▸ **WHAT THIS TASK INVOLVES**
Extract exactly those lines that lie between the start of the material and the line with "pub end_ms : ℕ", including both boundary lines and no others.

▸ **DATA EXTRACTS**
== Segment start ==
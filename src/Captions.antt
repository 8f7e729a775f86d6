-- ===== src/Captions.antt =====
-- `chunk_words` of pipeline/clipgauge_pipeline/captions/ass.py: the words that are shown together.
-- Times are whole milliseconds.
pub mod Chunks
use Prim.Native.Char.{Char, code}
use clipgauge.Common.{
  ℕ, ◌+◌, String, Bool, true, false, ◌||◌, List, [], ◌∷◌, ◌++◌, ltb, leb, length, ◌==◌,
  if◌then◌else◌,
}
use clipgauge.Text.{last_char_is}

pub record CaptionWord : Type 0 where
  pub text : String
  pub start_ms : ℕ
  pub end_ms : ℕ

abbrev pub chunk_max_words : ℕ
chunk_max_words = 4

abbrev pub chunk_pause_break_ms : ℕ
chunk_pause_break_ms = 600

-- `_PUNCT_BREAK`: one of . ! ? , ; : at the end.
abbrev pub is_break : Char → Bool
is_break c = let n = code c in n == 46 || n == 33 || n == 63 || n == 44 || n == 59 || n == 58

abbrev pub ends_clause : CaptionWord → Bool
ends_clause w = last_char_is is_break w.text

abbrev pub pause_behind : CaptionWord → List CaptionWord → Bool
pause_behind w [] = false
pause_behind w (v ∷ vs) = ltb (w.end_ms + chunk_pause_break_ms) v.start_ms

abbrev pub should_break : List CaptionWord → CaptionWord → List CaptionWord → Bool
should_break current w later =
    leb chunk_max_words (length current) || ends_clause w || pause_behind w later

abbrev pub close_chunk : List CaptionWord → List (List CaptionWord)
close_chunk [] = []
close_chunk (w ∷ ws) = (w ∷ ws) ∷ []

unfoldable pub chunk_from : List CaptionWord → List CaptionWord → List (List CaptionWord)
unfolding last_char_is
chunk_from current [] = close_chunk current
chunk_from current (w ∷ ws) =
    let closed = chunk_from [] ws in
    let going_on = chunk_from (current ++ w ∷ []) ws in
    if should_break (current ++ w ∷ []) w ws then (current ++ w ∷ []) ∷ closed else going_on

unfoldable pub chunk_words : List CaptionWord → List (List CaptionWord)
unfolding chunk_from
chunk_words words = chunk_from [] words
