-- ===== src/Captions/Chunks.antt =====
-- The chunks that `chunk_words` of pipeline/clipgauge_pipeline/captions/ass.py makes.
use mathlib.Core.List.{append_assoc}
use clipgauge.Common.{
  ◌+◌, ◌≤◌, ◌<◌, ◌≡◌, refl, ap, ◌∙◌, false, List, [], ◌∷◌, ◌++◌, arith, length, length-append,
  if_ind, All,
}
use clipgauge.Captions.{
  CaptionWord, chunk_max_words, chunk_pause_break_ms, ends_clause, should_break, chunk_from,
  chunk_words,
}

-- The first of two words lets the second one stand in its chunk.
abbrev pub GoesOn : CaptionWord → CaptionWord → Type 0
GoesOn w v = (ends_clause w ≡ false) × (v.start_ms ≤ w.end_ms + chunk_pause_break_ms)

abbrev pub IsUnbroken : List CaptionWord → Type 0
IsUnbroken [] = Unit
IsUnbroken (w ∷ []) = Unit
IsUnbroken (w ∷ v ∷ ws) = GoesOn w v × IsUnbroken (v ∷ ws)

pub record IsChunk (ws : List CaptionWord) : Type 0 where
  pub some_words : 0 < length ws
  pub few_words : length ws ≤ chunk_max_words
  pub unbroken : IsUnbroken ws

-- The last word of a chunk lets another one follow.
abbrev Joins : List CaptionWord → CaptionWord → Type 0
Joins [] v = Unit
Joins (w ∷ []) v = GoesOn w v
Joins (w ∷ u ∷ ws) v = Joins (u ∷ ws) v

abbrev JoinsNext : List CaptionWord → List CaptionWord → Type 0
JoinsNext ws [] = Unit
JoinsNext ws (v ∷ vs) = Joins ws v

IsUnbroken-append :
    (ws : List CaptionWord) (v : CaptionWord)
    → IsUnbroken ws
    → Joins ws v
    → IsUnbroken (ws ++ v ∷ [])
IsUnbroken-append [] v h j = tt
IsUnbroken-append (w ∷ []) v h j = (j, tt)
IsUnbroken-append (w ∷ u ∷ ws) v (g, h) j = (g, IsUnbroken-append (u ∷ ws) v h j)

Joins-append : (ws : List CaptionWord) (w v : CaptionWord) → GoesOn w v → Joins (ws ++ w ∷ []) v
Joins-append [] w v g = g
Joins-append (u ∷ []) w v g = g
Joins-append (u ∷ t ∷ ws) w v g = Joins-append (t ∷ ws) w v g

going_on :
    (current : List CaptionWord) (w : CaptionWord) (later : List CaptionWord)
    → should_break (current ++ w ∷ []) w later ≡ false
    → JoinsNext (current ++ w ∷ []) later
going_on current w [] h = tt
going_on current w (v ∷ vs) h = Joins-append current w v (ground (arith, h), ground (arith, h))

chunk_from-All :
    (current words : List CaptionWord)
    → length current < chunk_max_words
    → IsUnbroken current
    → JoinsNext current words
    → All IsChunk (chunk_from current words)
unfolding chunk_from
chunk_from-All [] [] few h j = tt
chunk_from-All (c ∷ cs) [] few h j =
    (record { some_words = ground arith; few_words = omega (arith, few); unbroken = h }, tt)
chunk_from-All current (w ∷ ws) few h j =
    if_ind (All IsChunk) (should_break (current ++ w ∷ []) w ws)
      (λ _. (
        record {
          some_words = ground (arith, length-append current (w ∷ []));
          few_words = ground (arith, length-append current (w ∷ []), few);
          unbroken = IsUnbroken-append current w h j;
        },
        chunk_from-All [] ws (ground arith) tt (nothing ws),
      ))
      (λ more.
        chunk_from-All (current ++ w ∷ []) ws (ground (arith, more))
          (IsUnbroken-append current w h j) (going_on current w ws more))
  where
    nothing : (vs : List CaptionWord) → JoinsNext [] vs
    nothing [] = tt
    nothing (v ∷ vs) = tt

abbrev pub all_words : List (List CaptionWord) → List CaptionWord
all_words [] = []
all_words (c ∷ cs) = c ++ all_words cs

chunk_from-all_words :
    (current words : List CaptionWord) → all_words (chunk_from current words) ≡ current ++ words
unfolding chunk_from
chunk_from-all_words [] [] = refl
chunk_from-all_words (c ∷ cs) [] = refl
chunk_from-all_words current (w ∷ ws) =
    if_ind (λ cs. all_words cs ≡ current ++ w ∷ ws) (should_break (current ++ w ∷ []) w ws)
      (λ _.
        ap (λ xs. current ++ w ∷ [] ++ xs) (chunk_from-all_words [] ws)
        ∙ append_assoc current (w ∷ []) ws)
      (λ _. chunk_from-all_words (current ++ w ∷ []) ws ∙ append_assoc current (w ∷ []) ws)

-- The chunks, put together, are the words again; each has at least one word and at most four; and
-- inside of one no word but the last ends a clause or is followed by a pause above 0.6 s.
pub chunk_words-All :
    (words : List CaptionWord)
    → (all_words (chunk_words words) ≡ words) × All IsChunk (chunk_words words)
unfolding chunk_words
chunk_words-All words =
    (chunk_from-all_words [] words, chunk_from-All [] words (ground arith) tt (nothing words))
  where
    nothing : (vs : List CaptionWord) → JoinsNext [] vs
    nothing [] = tt
    nothing (v ∷ vs) = tt
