-- ===== src/Json.antt =====
-- What `json.loads` gives: the values that checkpoints, manifests and stage results are made of.
-- A number that is not a natural number is kept as its literal.
use clipgauge.Common.{
  ℕ, String, ◌≡◌, refl, Bool, false, Option, none, some, arith, eq_iff, ◌==◌, ◌=s=◌, if◌then◌else◌,
}

mutual
  pub data Value : Type 0 where
    obj : Fields → Value
    arr : Items → Value
    str : String → Value
    num : ℕ → Value
    number : String → Value
    bool : Bool → Value
    null : Value

  pub data Fields : Type 0 where
    end : Fields
    field : String → Value → Fields → Fields

  pub data Items : Type 0 where
    nil : Items
    cons : Value → Items → Items

-- `d.get(k)`
unfoldable pub get : Fields → String → Option Value
get end k = none
get (field j v fs) k = if j =s= k then some v else get fs k

-- `d[k] = v`: in place, or at the end.
unfoldable pub put : Fields → String → Value → Fields
put end k v = field k v end
put (field j w fs) k v = if j =s= k then field j v fs else field j w (put fs k v)

-- `{key: value for … if key != k}`
unfoldable pub without : Fields → String → Fields
without end k = end
without (field j v fs) k = let rest = without fs k in if j =s= k then rest else field j v rest

pub get-put :
    (fs : Fields) (k j : String) (v : Value)
    → get (put fs k v) j ≡ (if k =s= j then some v else get fs j)
unfolding get put
get-put end k j v = refl
get-put (field i w fs) k j v = ground (arith, eq_iff k j, eq_iff i k, eq_iff i j, get-put fs k j v)

pub get-without :
    (fs : Fields) (k j : String) → get (without fs k) j ≡ (if k =s= j then none else get fs j)
unfolding get without
get-without end k j = ground arith
get-without (field i w fs) k j =
    ground (arith, eq_iff k j, eq_iff i k, eq_iff i j, get-without fs k j)

abbrev pub as_object : Option Value → Option Fields
as_object (some (obj fs)) = some fs
as_object _ = none

abbrev pub as_text : Option Value → Option String
as_text (some (str s)) = some s
as_text _ = none

-- `xs.append(v)`
unfoldable pub append_item : Items → Value → Items
append_item nil v = cons v nil
append_item (cons w xs) v = cons w (append_item xs v)

-- `v == s` for a text `s`
abbrev pub is_text : Option Value → String → Bool
is_text (some (str t)) s = t =s= s
is_text _ s = false

-- `v == n` for a number `n`
abbrev pub is_num : Option Value → ℕ → Bool
is_num (some (num m)) n = m == n
is_num _ n = false
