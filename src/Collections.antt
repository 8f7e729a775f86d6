-- ===== src/Collections.antt =====
-- pipeline/clipgauge_pipeline/collections/model.py: what a collection is, and its validation.
pub mod Service
pub mod Smart
pub mod Stored
pub mod Checks
pub mod Changes
pub mod Edits
pub mod Apart
pub mod Accepted
pub mod Grouping
pub mod Regenerate
use clipgauge.Common.{
  ℕ, suc, String, Bool, true, false, ◌&&◌, ◌||◌, not, Option, none, some, List, [], ◌∷◌, ◌++◌, ltb,
  ◌=s=◌, if◌then◌else◌, length, Result, ok, err, ◌>>=◌,
}
use clipgauge.Json.{Value, Fields, Items, get}
use clipgauge.Text.{is_blank, squash, first_chars}

-- Python's texts for values that are no texts: `str(v)`, and whether a literal is the number 0.
pub record Printing : Type 0 where
  pub shown : Value → String
  pub is_zero : String → Bool

pub data Refusal : Type 0 where
  not_an_object incomplete too_few not_unique unknown_clip blank_title long_title : Refusal
  bad_source nothing_to_update not_found unreadable unsupported malformed : Refusal

pub record Collection : Type 0 where
  pub id : String
  pub title : String
  pub clip_ids : List String
  pub source : String
  pub user_edited : Bool
  pub summary : String
  pub render_path : Value

abbrev pub title_limit : ℕ
title_limit = 120

abbrev pub summary_limit : ℕ
summary_limit = 240

abbrev pub contains : List String → String → Bool
contains [] s = false
contains (t ∷ ts) s = t =s= s || contains ts s

-- `len(set(xs)) == len(xs)`
abbrev pub are_unique : List String → Bool
are_unique [] = true
are_unique (t ∷ ts) = not (contains ts t) && are_unique ts

abbrev pub all_in : List String → List String → Bool
all_in valid [] = true
all_in valid (t ∷ ts) = contains valid t && all_in valid ts

-- The three tests on the identifiers of a collection's clips, in their order.
unfoldable pub check_clips : Bool → List String → List String → Result Refusal (List String)
check_clips require_two valid ids =
    if require_two && ltb (length ids) 2
    then err too_few
    else if not (are_unique ids)
    then err not_unique
    else if not (all_in valid ids)
    then err unknown_clip
    else ok ids

module _ (py : Printing) where
  -- `str(v)`
  abbrev pub py_str : Value → String
  py_str (Value.str s) = s
  py_str v = py.shown v

  -- `str(value.get(key, default))`
  abbrev pub text_or : String → Option Value → String
  text_or default none = default
  text_or default (some v) = py_str v

  -- `bool(v)`
  abbrev pub truthy : Value → Bool
  truthy (Value.obj Fields.end) = false
  truthy (Value.obj (Fields.field k v fs)) = true
  truthy (Value.arr Items.nil) = false
  truthy (Value.arr (Items.cons v vs)) = true
  truthy (Value.str s) = not (is_blank s)
  truthy (Value.num n) = ltb 0 n
  truthy (Value.number literal) = not (py.is_zero literal)
  truthy (Value.bool b) = b
  truthy Value.null = false

  abbrev pub truthy_or_false : Option Value → Bool
  truthy_or_false none = false
  truthy_or_false (some v) = truthy v

  abbrev or_null : Option Value → Value
  or_null none = Value.null
  or_null (some v) = v

  abbrev pub py_strs : Items → List String
  py_strs Items.nil = []
  py_strs (Items.cons v vs) = py_str v ∷ py_strs vs

  abbrev pub validated : Fields → String → String → List String → Collection
  validated fs id title ids = record {
    id = id;
    title = first_chars title_limit title;
    clip_ids = ids;
    source = text_or "manual" (get fs "source");
    user_edited = truthy_or_false (get fs "user_edited");
    summary = first_chars summary_limit (squash (text_or "" (get fs "summary")));
    render_path = or_null (get fs "render_path");
  }

  abbrev pub validate_ids :
      List String → Bool → Fields → String → String → Option Value → Result Refusal Collection
  validate_ids valid require_two fs id title (some (Value.arr items)) =
      check_clips require_two valid (py_strs items) >>= λ ids. ok (validated fs id title ids)
  validate_ids valid require_two fs id title _ = err incomplete

  abbrev pub validate_fields : List String → Bool → Fields → Result Refusal Collection
  validate_fields valid require_two fs =
      let id = text_or "" (get fs "id") in
      let title = squash (text_or "" (get fs "title")) in
      if is_blank id || is_blank title
      then err incomplete
      else validate_ids valid require_two fs id title (get fs "clip_ids")

  unfoldable pub validate_collection : List String → Bool → Value → Result Refusal Collection
  unfolding check_clips squash first_chars get
  validate_collection valid require_two (Value.obj fs) = validate_fields valid require_two fs
  validate_collection valid require_two _ = err not_an_object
== Segment end ==
▸ **ANSWER BOX**
filename src/Captions.antt
repository 8f7e729a775f86d6
-- ===== src/Captions.antt =====
-- `chunk_words` of pipeline/clipgauge_pipeline/captions/ass.py: the words that are shown together.
-- Times are whole milliseconds.
pub mod Chunks
use Prim.Native.Char.{Char, code}
use clipgauge.Common.{
  ℕ, ◌+◌, String, Bool, true, false, ◌||◌, List, [], ◌∷◌, ◌++◌, ltb, leb, length, ◌==◌,
  if◌then◌else◌,
}
use clipgauge.Text.{last_char_is}

pub record CaptionWord : Type 0 where
  pub text : String
  pub start_ms : ℕ
  pub end_ms : ℕ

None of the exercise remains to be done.